Петербургский театральный журнал
Блог «ПТЖ» — это отдельное СМИ, живущее в режиме общероссийской театральной газеты. Когда-то один из создателей журнала Леонид Попов делал в «ПТЖ» раздел «Фигаро» (Фигаро здесь, Фигаро там). Лене Попову мы и посвящаем наш блог.
16+

31 октября 2025

ИСТОРИЯ ОДНОГО МЕТАФИЗИЧЕСКОГО ПУТЕШЕСТВИЯ МЕЖДУ МИРАМИ И ПЕРСОНАЖАМИ

«137. Сны о страсти и смерти».
Дом Радио (Санкт-Петербург).
Автор и режиссер Алла Дамскер, композитор Кирилл Архипов, хореограф Анастасия Пешкова, художник Мария Лукка, художник по костюмам Екатерина Шапкайц.

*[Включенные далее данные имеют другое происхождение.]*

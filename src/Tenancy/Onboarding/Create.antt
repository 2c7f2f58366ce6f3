-- ===== src/Tenancy/Onboarding/Create.antt =====
-- What `createTenant` of src/modules/tenancy/tenancy.service.ts writes, and the whole of it. The month
-- of a move-in is read off in UTC.
use pg_master_backend.Prelude.{
  ℕ, ◌+◌, String, Bool, true, false, not, ◌&&◌, Option, none, some, List, ltb, leb, ◌==◌,
  if◌then◌else◌,
}
use pg_master_backend.Calendar.{utc_month, utc_full_year}
use pg_master_backend.Due.{ceil_rupee, ist_month, ist_year}
use pg_master_backend.Phone.{normalize_phone_number}
use pg_master_backend.Proration.{Prorated, calculate_prorated_rent, today_ist}
use pg_master_backend.Store.Rows.{Table, find_first, create, update_rows}
use pg_master_backend.Store.Requests.{MoveInStatus}
use pg_master_backend.Store.Metrics.{upsert}
use pg_master_backend.Store.Schema.{
  rent, security_deposit, unpaid, UserRole, TenancyStatus, active, Due, Tenancy, Room, Property,
  User, TenentProfile, is_none,
}
use pg_master_backend.Store.World.{
  World, Action, pure, gets, or_throw, throw_if, modify, emit, ◌>>=◌, ◌>>◌, due_created,
  tenancy_created, out_of_fuel, property_not_found, room_not_found, room_full, duplicate_key,
}
use pg_master_backend.Tenancy.Notice.{parse_date_utc}
use pg_master_backend.Tenancy.Onboarding.{
  AddTenant, Onboarded, has_email, validate_dates, run_pre_flight_checks,
}

abbrev pub is_email_of_other : Option String → Option ℕ → User → Bool
is_email_of_other none user_id u = false
is_email_of_other (some email) none u = has_email email u
is_email_of_other (some email) (some id) u = not (u.id == id) && has_email email u

-- The user is created, or is brought up to date.
unfoldable pub save_user : AddTenant → Option ℕ → World → World
save_user dto none w = record w {
  users =
      create
        (λ id. record {
          id = id;
          role = UserRole.tenant;
          is_active = true;
          is_blocked_by_admin = false;
          phone_number = dto.phone_number;
          email = dto.email;
          deleted_at = none;
        })
        w.users;
}
save_user dto (some user_id) w = record w {
  users =
      update_rows (λ (u : User). u.id == user_id)
        (λ u. record u { is_active = true; email = dto.email }) w.users;
}

-- `resolvedUserId`
abbrev pub resolved_user_id : Option ℕ → World → ℕ
resolved_user_id none w = w.users.next_id
resolved_user_id (some user_id) w = user_id

abbrev pub parse_optional : Option (List (Option ℕ)) → Option ℕ
parse_optional none = none
parse_optional (some parts) = parse_date_utc parts

unfoldable pub save_profile : AddTenant → ℕ → World → World
save_profile dto user_id w = record w {
  profiles =
      upsert (λ (p : TenentProfile). p.user_id == user_id)
        (record { user_id = user_id; move_out_date = none })
        (λ p. record p { move_out_date = parse_optional dto.move_out_date }) w.profiles;
}

unfoldable pub new_tenancy : ℕ → AddTenant → ℕ → ℕ → ℕ → ℕ → Tenancy
new_tenancy now dto join_date period_end user_id id = record {
  id = id;
  room_id = dto.room_id;
  tenent_id = user_id;
  property_id = dto.property_id;
  tenancy_status = if ltb (today_ist now) join_date then TenancyStatus.pending else active;
  rent_amount = ceil_rupee dto.rent_amount;
  security_deposit = ceil_rupee dto.security_deposit;
  billing_cycle_day = dto.rent_cycle_day;
  joined_at = join_date;
  left_at = none;
  deleted_at = none;
  next_billing_date = some period_end;
}

unfoldable pub first_rent_due : ℕ → AddTenant → Prorated → ℕ → ℕ → Due
first_rent_due now dto period tenancy_id id = record {
  id = id;
  tenancy_id = tenancy_id;
  property_id = dto.property_id;
  due_type = rent;
  custom_due_type = none;
  month = ist_month now;
  year = ist_year now;
  total_amount = ceil_rupee period.prorated_amount;
  paid_amount = 0;
  balance_amount = ceil_rupee period.prorated_amount;
  status = unpaid;
  period_start = some period.period_start;
  period_end = some period.period_end;
  due_date = period.period_end;
}

unfoldable pub deposit_due : ℕ → AddTenant → ℕ → ℕ → ℕ → Due
deposit_due now dto join_date tenancy_id id = record {
  id = id;
  tenancy_id = tenancy_id;
  property_id = dto.property_id;
  due_type = security_deposit;
  custom_due_type = none;
  month = ist_month now;
  year = ist_year now;
  total_amount = ceil_rupee dto.security_deposit;
  paid_amount = 0;
  balance_amount = ceil_rupee dto.security_deposit;
  status = unpaid;
  period_start = none;
  period_end = none;
  due_date = join_date;
}

-- `tx.tenantDue.create` for the rent, and for the deposit where there is one
unfoldable pub create_first_dues : ℕ → AddTenant → ℕ → Prorated → ℕ → Table Due → Table Due
create_first_dues now dto join_date period tenancy_id dues =
    let with_rent = create (first_rent_due now dto period tenancy_id) dues in
    if ceil_rupee dto.security_deposit == 0
    then with_rent
    else create (deposit_due now dto join_date tenancy_id) with_rent

unfoldable pub track_move_in : ℕ → AddTenant → ℕ → ℕ → World → World
track_move_in now dto join_date tenancy_id w = if ltb (today_ist now) join_date then tracked else w
  where
    tracked : World
    tracked = record w {
      move_in_trackers =
          create
            (λ id. record {
              id = id;
              property_id = dto.property_id;
              tenancy_id = tenancy_id;
              month = utc_month join_date + 1;
              year = utc_full_year join_date;
              move_in_date = join_date;
              moved_in_date = none;
              status = MoveInStatus.waiting;
            })
            w.move_in_trackers;
    }

abbrev pub add_bed : ℕ → World → World
add_bed room_id w = record w {
  rooms =
      update_rows (λ (r : Room). r.id == room_id)
        (λ r. record r { occupied_beds = r.occupied_beds + 1 }) w.rooms;
}

-- What the transaction of `runTransaction` writes.
unfoldable pub onboard : ℕ → AddTenant → ℕ → Prorated → Option ℕ → World → World
onboard now dto join_date period existing w =
    let user_id = resolved_user_id existing w in
    let tenancy_id = w.tenancies.next_id in
    track_move_in now dto join_date tenancy_id (
      add_bed dto.room_id (
        with_dues_and_tenancy user_id tenancy_id
          (save_profile dto user_id (save_user dto existing w))))
  where
    with_dues_and_tenancy : ℕ → ℕ → World → World
    with_dues_and_tenancy user_id tenancy_id w = record w {
      tenancies = create (new_tenancy now dto join_date period.period_end user_id) w.tenancies;
      dues = create_first_dues now dto join_date period tenancy_id w.dues;
    }

-- The ids that the transaction gives out.
abbrev pub onboarded : AddTenant → Prorated → Option ℕ → World → Onboarded
onboarded dto period existing w = record {
  tenant_user_id = resolved_user_id existing w;
  tenancy_id = w.tenancies.next_id;
  rent_due_id = w.dues.next_id;
  security_deposit_due_id =
      if ceil_rupee dto.security_deposit == 0 then none else some (w.dues.next_id + 1);
  prorated_rent_amount = ceil_rupee period.prorated_amount;
}

unfoldable pub create_tenant : ℕ → AddTenant → ℕ → Action Onboarded
create_tenant now request owner_id = do
  let dto : AddTenant = record request {
    phone_number = normalize_phone_number request.phone_number;
  }
  join_date ← validate_dates now dto
  existing ← run_pre_flight_checks dto owner_id
  property ← gets (λ w. find_first (λ (p : Property). p.id == dto.property_id) w.properties)
  throw_if (is_none property) property_not_found
  period ←
      or_throw (calculate_prorated_rent join_date dto.rent_cycle_day dto.rent_amount) out_of_fuel
  locked ← gets (λ w. find_first (λ (r : Room). r.id == dto.room_id) w.rooms.rows)
  room ← or_throw locked room_not_found
  throw_if (leb room.total_beds room.occupied_beds) room_full
  duplicate ← gets (λ w. find_first (is_email_of_other dto.email existing) w.users.rows)
  throw_if (not (is_none duplicate)) duplicate_key
  made ← gets (onboarded dto period existing)
  modify (onboard now dto join_date period existing)
  emit (
      tenancy_created made.tenancy_id made.tenant_user_id dto.property_id owner_id dto.room_id
        (ceil_rupee dto.rent_amount) (ceil_rupee dto.security_deposit))
  emit (
      due_created made.rent_due_id made.tenancy_id dto.property_id rent made.prorated_rent_amount
        (ist_month now) (ist_year now))
  pure made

Спектакль «137. Сны о страсти и смерти» стал самым ожиданным спектаклем в моем личном рейтинге. И чем больше создатели пытались удивить, тем более предсказуемым было происходящее.

Афиша спектакля.

Началось все по классике — с вешалки. Точнее с гардероба, который было сложно найти в незнакомом пространстве Дома Беггровых, где временно обитает Дом Радио. Сложно еще и потому, что зрители входили в театральное помещение и оказывались практически в темноте. Тусклый, неочевидный источник света ничего не освещал, но придавал таинственности и драматизма. Для усугубления эффекта нестерпимо пахло благовониями. Но ныть о темноте и духоте казалось неприличным перед лицом судьбы Марины Ивановны, с выборочными фактами из которой нас бегло познакомили в программке. Совсем бегло и совсем выборочно: дата эмиграции, роман с Родзевичем, убийство Рейса, бегство мужа. Можно было бы поспорить с таким событийным раскладом судьбы большого поэта, но спорить не было смысла. Потому что в программке нас заранее предупредили, что, во-первых, все это будет сном, а во-вторых, «в основе текста метафизическое путешествие души Марины Цветаевой между мирами, переплетение реальных и вымышленных событий, и героев ее произведений» (пунктуация сохранена). Также обещалось, что «путешествие в лабиринты души будет поэтичным и завораживающим». Что в спектакле «личное и мифическое переплетаются, создавая пространство для исследования того, что остается после». В общем-то, после такого исчерпывающего анонса было понятно, что писать что-то еще, тем более для профессионального издания — излишне. Что создатели спектакля и «Петербургский театральный журнал» — не играют на одном поле.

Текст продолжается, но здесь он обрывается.